Dataset entries:
= = = =
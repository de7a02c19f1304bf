-- ===== src/Sql/Descent/Actions.antt =====
-- parser/sql.lalrpop: what the recursive descent makes of what it reads, and its operators, in
-- definitions of its own.
use kui_ba_db.Base.{
  ℕ, List, [], ◌∷◌, ◌++◌, Bytes, Bool, true, Option, none, some, length, take, drop, ◌==◌, ◌||◌,
  ◌≡◌, refl, sym, ◌-◌, inl, inr, Bool-cases, ==_iff,
}
use mathlib.Core.Path.{subst}
use kui_ba_db.Base.Text.{codes}
use kui_ba_db.Sql.Syntax.{
  StrVal, in_place, dyn, as_str, Value, str, Location, AConst, Expr, a_expr, op, node, one, two,
  ResTarget, RangeVar, TypeName, system_type_name, DefElem, make_def_elem,
}
use kui_ba_db.Sql.Grammar.{Input, left}
use kui_ba_db.Sql.Grammar.Terms.{AddOp, plus_op, minus_op, MulOp, times_op, over_op, rest_op}
use kui_ba_db.Sql.Grammar.Copies.{push_delimiter}

-- The operators that bind loosely, which are the signs too, and those that bind tightly.
unfoldable pub is_add : ℕ → Bool
is_add c = c == b'+' || c == b'-'

unfoldable pub is_mul : ℕ → Bool
is_mul c = c == b'*' || (c == b'/' || c == b'%')

pub AddOp-is_add : (o : ℕ) → AddOp o → is_add o ≡ true
unfolding is_add
AddOp-is_add _ plus_op = refl
AddOp-is_add _ minus_op = refl

pub MulOp-is_mul : (o : ℕ) → MulOp o → is_mul o ≡ true
unfolding is_mul
MulOp-is_mul _ times_op = refl
MulOp-is_mul _ over_op = refl
MulOp-is_mul _ rest_op = refl

pub is_add-AddOp : (o : ℕ) → is_add o ≡ true → AddOp o
unfolding is_add
is_add-AddOp o h = elim (Bool-cases (o == b'+')) [
  | inl is_it ↦ subst AddOp (sym ((==_iff o b'+').0 is_it)) plus_op
  | inr other ↦ subst AddOp (sym ((==_iff o b'-').0 (rw other at h))) minus_op
]

pub is_mul-MulOp : (o : ℕ) → is_mul o ≡ true → MulOp o
unfolding is_mul
is_mul-MulOp o h = elim (Bool-cases (o == b'*')) [
  | inl is_it ↦ subst MulOp (sym ((==_iff o b'*').0 is_it)) times_op
  | inr other ↦ elim (Bool-cases (o == b'/')) [
    | inl is_it ↦ subst MulOp (sym ((==_iff o b'/').0 is_it)) over_op
    | inr not_over ↦ subst MulOp (sym ((==_iff o b'%').0 (rw (other, not_over) at h))) rest_op
  ]
]

-- From the start of the first token to the end of the last.
abbrev pub place : Input → Input → Location
place a b = record { s = left a; e = b.last }

abbrev pub binary_at : Input → Expr → ℕ → Expr → Input → Expr
binary_at a l o r b = a_expr (node op (in_place (o ∷ []) ∷ []) (two l r) (place a b))

abbrev pub unary_at : Input → ℕ → Expr → Input → Expr
unary_at a o r b = a_expr (node op (in_place (o ∷ []) ∷ []) (one r) (place a b))

abbrev pub constant_at : Input → Value → Input → AConst
constant_at a v b = record { val = v; loc = place a b }

abbrev pub target_at : Input → Option StrVal → Expr → Input → ResTarget
target_at a name val b = record { name = name; val = val; loc = place a b }

-- A text without its quotes.
abbrev pub unquote : Bytes → Bytes
unquote s = drop 1 (take (length s - 1) s)

abbrev pub with_dot : StrVal → StrVal → StrVal
with_dot n v = dyn (as_str n ++ codes "." ++ as_str v)

abbrev pub relation_of : StrVal → RangeVar
relation_of n = record { schemaname = none; relname = n; alias = none }

abbrev pub varchar_with : Bytes → TypeName
varchar_with i = record (system_type_name (codes "varchar")) {
  typmods = (system_type_name (codes "varchar")).typmods ++ i ∷ [];
}

abbrev pub delimiter_opt : StrVal → DefElem
delimiter_opt v = make_def_elem (in_place (codes "delimiter")) (str v)

abbrev pub null_opt : StrVal → DefElem
null_opt v = make_def_elem (in_place (codes "null")) (str v)

abbrev pub csv_opt : DefElem
csv_opt = make_def_elem (in_place (codes "format")) (str (in_place (codes "csv")))

unfoldable pub with_delimiter : List DefElem → Option DefElem → List DefElem
with_delimiter o none = o
with_delimiter o (some x) = o ++ x ∷ []

pub with_delimiter-push_delimiter :
    (o : List DefElem) (x : Option DefElem) → with_delimiter o x ≡ push_delimiter o x
unfolding with_delimiter push_delimiter
with_delimiter-push_delimiter o none = refl
with_delimiter-push_delimiter o (some x) = refl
= = = =
Goal of the exercise: Write each line of the data down again exactly as it reads.

Result of the task:
repository de7a02c19f1304bf
-- ===== src/Sql/Descent/Actions.antt =====
-- parser/sql.lalrpop: what the recursive descent makes of what it reads, and its operators, in
-- definitions of its own.
use kui_ba_db.Base.{
  ℕ, List, [], ◌∷◌, ◌++◌, Bytes, Bool, true, Option, none, some, length, take, drop, ◌==◌, ◌||◌,
  ◌≡◌, refl, sym, ◌-◌, inl, inr, Bool-cases, ==_iff,
}
use mathlib.Core.Path.{subst}
use kui_ba_db.Base.Text.{codes}
use kui_ba_db.Sql.Syntax.{
  StrVal, in_place, dyn, as_str, Value, str, Location, AConst, Expr, a_expr, op, node, one, two,
  ResTarget, RangeVar, TypeName, system_type_name, DefElem, make_def_elem,
}
use kui_ba_db.Sql.Grammar.{Input, left}
use kui_ba_db.Sql.Grammar.Terms.{AddOp, plus_op, minus_op, MulOp, times_op, over_op, rest_op}
use kui_ba_db.Sql.Grammar.Copies.{push_delimiter}

-- The operators that bind loosely, which are the signs too, and those that bind tightly.
unfoldable pub is_add : ℕ → Bool
is_add c = c == b'+' || c == b'-'

unfoldable pub is_mul : ℕ → Bool
is_mul c = c == b'*' || (c == b'/' || c == b'%')

pub AddOp-is_add : (o : ℕ) → AddOp o → is_add o ≡ true
unfolding is_add
AddOp-is_add _ plus_op = refl
AddOp-is_add _ minus_op = refl

pub MulOp-is_mul : (o : ℕ) → MulOp o → is_mul o ≡ true
unfolding is_mul
MulOp-is_mul _ times_op = refl
MulOp-is_mul _ over_op = refl
MulOp-is_mul _ rest_op = refl

pub is_add-AddOp : (o : ℕ) → is_add o ≡ true → AddOp o
unfolding is_add
is_add-AddOp o h = elim (Bool-cases (o == b'+')) [
  | inl is_it ↦ subst AddOp (sym ((==_iff o b'+').0 is_it)) plus_op
  | inr other ↦ subst AddOp (sym ((==_iff o b'-').0 (rw other at h))) minus_op
]

pub is_mul-MulOp : (o : ℕ) → is_mul o ≡ true → MulOp o
unfolding is_mul
is_mul-MulOp o h = elim (Bool-cases (o == b'*')) [
  | inl is_it ↦ subst MulOp (sym ((==_iff o b'*').0 is_it)) times_op
  | inr other ↦ elim (Bool-cases (o == b'/')) [
    | inl is_it ↦ subst MulOp (sym ((==_iff o b'/').0 is_it)) over_op
    | inr not_over ↦ subst MulOp (sym ((==_iff o b'%').0 (rw (other, not_over) at h))) rest_op
  ]
]

-- From the start of the first token to the end of the last.
abbrev pub place : Input → Input → Location
place a b = record { s = left a; e = b.last }

abbrev pub binary_at : Input → Expr → ℕ → Expr → Input → Expr
binary_at a l o r b = a_expr (node op (in_place (o ∷ []) ∷ []) (two l r) (place a b))

abbrev pub unary_at : Input → ℕ → Expr → Input → Expr
unary_at a o r b = a_expr (node op (in_place (o ∷ []) ∷ []) (one r) (place a b))

abbrev pub constant_at : Input → Value → Input → AConst
constant_at a v b = record { val = v; loc = place a b }

abbrev pub target_at : Input → Option StrVal → Expr → Input → ResTarget
target_at a name val b = record { name = name; val = val; loc = place a b }

-- A text without its quotes.
abbrev pub unquote : Bytes → Bytes
unquote s = drop 1 (take (length s - 1) s)

abbrev pub with_dot : StrVal → StrVal → StrVal
with_dot n v = dyn (as_str n ++ codes "." ++ as_str v)

abbrev pub relation_of : StrVal → RangeVar
relation_of n = record { schemaname = none; relname = n; alias = none }

abbrev pub varchar_with : Bytes → TypeName
varchar_with i = record (system_type_name (codes "varchar")) {
  typmods = (system_type_name (codes "varchar")).typmods ++ i ∷ [];
}

abbrev pub delimiter_opt : StrVal → DefElem
delimiter_opt v = make_def_elem (in_place (codes "delimiter")) (str v)

abbrev pub null_opt : StrVal → DefElem
null_opt v = make_def_elem (in_place (codes "null")) (str v)

abbrev pub csv_opt : DefElem
csv_opt = make_def_elem (in_place (codes "format")) (str (in_place (codes "csv")))

unfoldable pub with_delimiter : List DefElem → Option DefElem → List DefElem
with_delimiter o none = o
with_delimiter o (some x) = o ++ x ∷ []

pub with_delimiter-push_delimiter :
    (o : List DefElem) (x : Option DefElem) → with_delimiter o x ≡ push_delimiter o x
unfolding with_delimiter push_delimiter
with_delimiter-push_delimiter o none = refl
with_delimiter-push_delimiter o (some x) = refl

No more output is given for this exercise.